Jimmy Eat World - Futures

Tracks (Runtime): 11 (49:33)

Longest Track: “23” at 7 minutes and – wait for it – 23 seconds.

Geometry of an album cover: 3rd. Horizontally, vertically, in the image and the words, it plays the “rule of three” like a fucking fiddle.

JEWish-ness: Like, all of “Kill”, from the title to the final refrain/chorus: “I loved you and I should’ve said it/ But tell me just what has it ever meant/ I can’t help it baby, this is who I am/ I’m sorry, but I can’t just go turn off how I feel/ You kill me, you build me up, but just to watch me break.”

Lots of small ideas: Fittingly, “Kill” directly references “Half Right”, a hidden track from Elliott Smith’s early band Heatmiser’s 1996 album Mic City Sons: “I pick up put down the phone/ Like your favorite Heatmiser song goes:/ ’It’s just like being alone’”

Wait, which refrain do I sing? “Night Drive” – the “na na nana”s .vs. “Kiss me with your cherry lipstick/ Never wash you off my face/ Hit me, I can take your cheap shots/ Leave you with the love we made” vs. all those “OOOoooOOOooo”s.

The Phair-er sex: There are no female vocals on any track here save “Work” (“Jim’s on all those backups,” bassist Rich Burch told PunkNews.org. “He really worked on his range.”) The lady helping out on “Work”? Liz Phair. No joke.

“Futures” and “Nothingwrong”: explain why Adkins and drummer Zach Lind answered “Kerry” in this interview without hesitating. Also, how the title track hasn’t become a go-to for Headcount.org or Rock the Vote is baffling.

Oh bye, Mark! Trombino was originally attached to the album, but creative differences forced him to take his leave. Gil Norton stepped in to fill some big shoes.

Jimmy Says Words about following up Bleed American with the harder-hitting, more political Futures: “I was either just having my second child or just about to when we were recording. It is sort of growing up—the idea that responsibility is here. “Hello, responsibility!” It’s here and that means just being a little bit more aware. Yeah, there was kind of a political leaning forming, for sure. But at the same time, it’s important to not present that in a way that’s preachy. I know there’s always sort of a “I am a tax-paying United States citizen, so I have the same freedoms to protest or dissent or express my views in a public forum as anybody else.” But I know it’s not as effective if you have some dude in a rock band talking about “how it is, man.” I wouldn’t believe me if I heard me saying anything other than “make sure you’re registered to vote”.

I think part of it is also about greed.

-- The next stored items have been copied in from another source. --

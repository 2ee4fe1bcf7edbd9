-- ===== src/Controller/UserGroup/Reconcile/Progress.antt =====
-- pocketidusergroup_controller.go: how a run comes to the group in PocketID, and what it then
-- writes.
use pocketid_operator.Base.{
  ◌≡◌, refl, ◌∙◌, string_eq, String, true, false, [], map, Bool-cases, inl, inr, is_empty, is_some,
  Option, none, some, ◌∷◌, List,
}
use pocketid_operator.Base.Lists.{contains}
use pocketid_operator.Base.Lists.Named.{
  IsFirst, find_named, find_named_of-IsFirst, find_named_of-contains,
}
use pocketid_operator.Error.{ok}
use pocketid_operator.Api.Meta.{Key, key_of}
use pocketid_operator.Api.UserGroup.{UserGroup}
use pocketid_operator.Api.Instance.{Instance}
use pocketid_operator.PocketId.Types.{UserGroup as RemoteGroup}
use pocketid_operator.PocketId.Request.{Client}
use pocketid_operator.PocketId.Client.{get_group, list_groups, create_group, update_group}
use pocketid_operator.World.{
  Env, History, got, wrote, update_status, user_group_kind, fetch, put, clock, on_error, ◌>>=◌,
}
use pocketid_operator.Controller.Outcome.{again_after}
use pocketid_operator.Controller.Status.{set_synced_condition, set_condition}
use pocketid_operator.Controller.Access.{granted, access}
use pocketid_operator.Controller.UserGroup.Reconcile.Agreement.{
  Agrees, request_for, needs_group_update-false_iff,
}
use pocketid_operator.Controller.UserGroup.Reconcile.{
  group_finalizer, needs_group_update, target_group, find_group, ensure_finalizer, write_synced,
  finish, create_remote, update_remote, create_or_update, search_remote, get_remote, sync_group,
  reconcile_live, reconcile_with, reconcile_group, reconcile,
}

-- The last event is a write of the status that says that the resource is in sync with this group.
pub record SyncedTo (remote : RemoteGroup) (h : History) : Type 0 where
  pub group : UserGroup
  pub before : History
  pub newest : h ≡ wrote update_status user_group_kind group ∷ before
  pub id : group.status.group_id ≡ remote.id
  pub is_ready : group.status.ready ≡ true
  pub is_synced : group.status.synced ≡ true

abbrev name_of : RemoteGroup → String
name_of g = g.name

find_group-named :
    (name : String) (gs : List RemoteGroup) → find_group name gs ≡ find_named name_of name gs
find_group-named name [] = refl
find_group-named name (g ∷ gs) = rw (find_group-named name gs) refl

module _ (env : Env) (c : Client) (group : UserGroup) (h : History) where
  -- What PocketID has for the resource: the group with its id where it has one, else the first of
  -- the listed groups with its name, if there is one.
  pub data Finds : Option RemoteGroup → History → Type 0 where
    listed :
        (groups : List RemoteGroup) (remote : RemoteGroup)
        → is_empty group.status.group_id ≡ true
        → (list_groups env c h).0 ≡ ok groups
        → IsFirst name_of group.spec.name remote groups
        → Finds (some remote) (list_groups env c h).1
    unlisted :
        (groups : List RemoteGroup)
        → is_empty group.status.group_id ≡ true
        → (list_groups env c h).0 ≡ ok groups
        → contains (map name_of groups) group.spec.name ≡ false
        → Finds none (list_groups env c h).1
    named_by_id :
        (remote : RemoteGroup)
        → is_empty group.status.group_id ≡ false
        → (get_group env c group.status.group_id h).0 ≡ ok remote
        → Finds (some remote) (get_group env c group.status.group_id h).1

  -- The group that the run ends with: a new one where there was none, the present one if it has the
  -- name and the friendly name of the spec, else the answer to an update to these.
  pub data Reaches : RemoteGroup → UserGroup → History → Type 0 where
    created :
        (remote : RemoteGroup) (h' : History)
        → Finds none h'
        → (create_group env c (request_for group.spec) h').0 ≡ ok remote
        → Reaches remote
            (record group { status = record group.status { group_id = remote.id } })
            (create_group env c (request_for group.spec) h').1
    kept :
        (remote : RemoteGroup) (h' : History)
        → Finds (some remote) h'
        → Agrees remote group.spec
        → Reaches remote group h'
    updated :
        (current remote : RemoteGroup) (h' : History)
        → Finds (some current) h'
        → ¬ Agrees current group.spec
        → (update_group env c current.id (request_for group.spec) h').0 ≡ ok remote
        → Reaches remote group (update_group env c current.id (request_for group.spec) h').1

  sync_group-Finds :
      (o : Option RemoteGroup) (h' : History)
      → Finds o h'
      → sync_group env c group h ≡ create_or_update env group c o h'
  unfolding sync_group search_remote get_remote ◌>>=◌
  sync_group-Finds _ _ (listed groups remote no_id answer first) =
      rw
        (
          no_id,
          answer,
          on_error,
          find_group-named group.spec.name groups,
          find_named_of-IsFirst name_of group.spec.name remote groups first,
        )
        refl
  sync_group-Finds _ _ (unlisted groups no_id answer absent) =
      rw
        (
          no_id,
          answer,
          on_error,
          find_group-named group.spec.name groups,
          find_named_of-contains name_of group.spec.name groups absent,
        )
        refl
  sync_group-Finds _ _ (named_by_id remote has_id answer) = rw (has_id, answer, on_error) refl

  differs_of-disagreement :
      (current : RemoteGroup)
      → ¬ Agrees current group.spec
      → needs_group_update current (target_group group.spec) ≡ true
  differs_of-disagreement current disagrees =
      elim (Bool-cases (needs_group_update current (target_group group.spec))) [
        | inl differs ↦ differs
        | inr same ↦ absurd (disagrees ((needs_group_update-false_iff current group.spec).0 same))
      ]

  pub sync_group-Reaches :
      (remote : RemoteGroup) (group' : UserGroup) (h' : History)
      → Reaches remote group' h'
      → sync_group env c group h ≡ finish env group' remote h'
  unfolding create_or_update create_remote update_remote ◌>>=◌
  sync_group-Reaches _ _ _ (created remote h' finds answer) =
      sync_group-Finds none h' finds ∙ rw (answer, on_error) refl
  sync_group-Reaches _ _ _ (kept remote h' finds agrees) =
      sync_group-Finds (some remote) h' finds
      ∙ rw ((needs_group_update-false_iff remote group.spec).1 agrees) refl
  sync_group-Reaches _ _ _ (updated current remote h' finds disagrees answer) =
      sync_group-Finds (some current) h' finds
      ∙ rw (differs_of-disagreement current disagrees, answer, on_error) refl

-- A status write of this kind is the last event, and the next run is in five minutes.
write_synced-SyncedTo :
    (env : Env) (latest : UserGroup) (remote : RemoteGroup) (h : History)
    → ((history : History) (x : UserGroup)
        → (y : UserGroup) × (env.write update_status user_group_kind history x ≡ ok y))
    → ((write_synced env latest remote h).0 ≡ again_after 300)
      × SyncedTo remote (write_synced env latest remote h).1
unfolding write_synced set_synced_condition set_condition clock put ◌>>=◌
write_synced-SyncedTo env latest remote h stored =
    rw ((stored _ _).1, on_error)
      (
        refl,
        record {
          group = _;
          before = _;
          newest = refl;
          id = refl;
          is_ready = refl;
          is_synced = refl;
        },
      )

module _ (env : Env) (key : Key) (h : History) (g : UserGroup) (i : Instance) (c : Client) where
  abbrev pub after_access : History
  after_access = (access env g.spec.instance_ref g.namespace "" (got user_group_kind key ∷ h)).1

  -- A live resource that has its finalizer and whose instance gives access.
  pub record IsLive : Type 0 where
    pub found : env.get user_group_kind h key ≡ ok g
    pub not_deleted : is_some g.metadata.deletion_timestamp ≡ false
    pub opened :
        (access env g.spec.instance_ref g.namespace "" (got user_group_kind key ∷ h)).0
        ≡ granted i c
    pub held : env.contains_finalizer g.metadata group_finalizer ≡ true

  -- If a user group that is not being deleted has its finalizer and its instance gives access, if
  -- the calls of PocketID reach a group (the one with the id of the status, or else the first
  -- listed one with the name of the spec, which is updated exactly where its name or its friendly
  -- name is not that of the spec, or else, where none has the name, a new one), and if the resource
  -- can be read again and its status written, then the run asks for another one in five minutes,
  -- and its last event is a write of the status that says ready and synced, with the id of that
  -- group.
  pub reconcile-group_syncs :
      (remote : RemoteGroup) (g' latest : UserGroup) (h' : History)
      → IsLive
      → Reaches env c g after_access remote g' h'
      → env.get user_group_kind h' (key_of g'.metadata) ≡ ok latest
      → ((history : History) (x : UserGroup)
          → (y : UserGroup) × (env.write update_status user_group_kind history x ≡ ok y))
      → ((reconcile env key h).0 ≡ again_after 300) × SyncedTo remote (reconcile env key h).1
  unfolding reconcile reconcile_group reconcile_with reconcile_live ensure_finalizer finish fetch
      ◌>>=◌
  reconcile-group_syncs remote g' latest h' l reaches reread stored =
      rw
        (
          l.found,
          on_error,
          l.opened,
          l.not_deleted,
          l.held,
          sync_group-Reaches env c g after_access remote g' h' reaches,
          reread,
        )
        (write_synced-SyncedTo env latest remote _ stored)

There’s a lot of societal commentary there, too. It’s not just all about elections and who’s running the show. You can tell where our politics are by what we support as a band rather than what we are singing about.”

Verdict: Perhaps this album didn’t attract as much attention as Bleed American because it’s *gasp* darker and heavier. That’s actually a bit ironic, considering songs like “Futures” and “Nothingwrong” should’ve resonated well with angry young folk of 2004 (ahem, the fact that “Futures” wasn’t released as a single until after the ’04 elections probably didn’t help). “23” and “The World You Love” harken back to Clarity, and while “Pain” and “Just Tonight” put an edge on the catchiness of Bleed American. The fact that this record didn’t cement JEW’s status may be more a byproduct of the three years between releases than the material, because it’s a damn fine effort.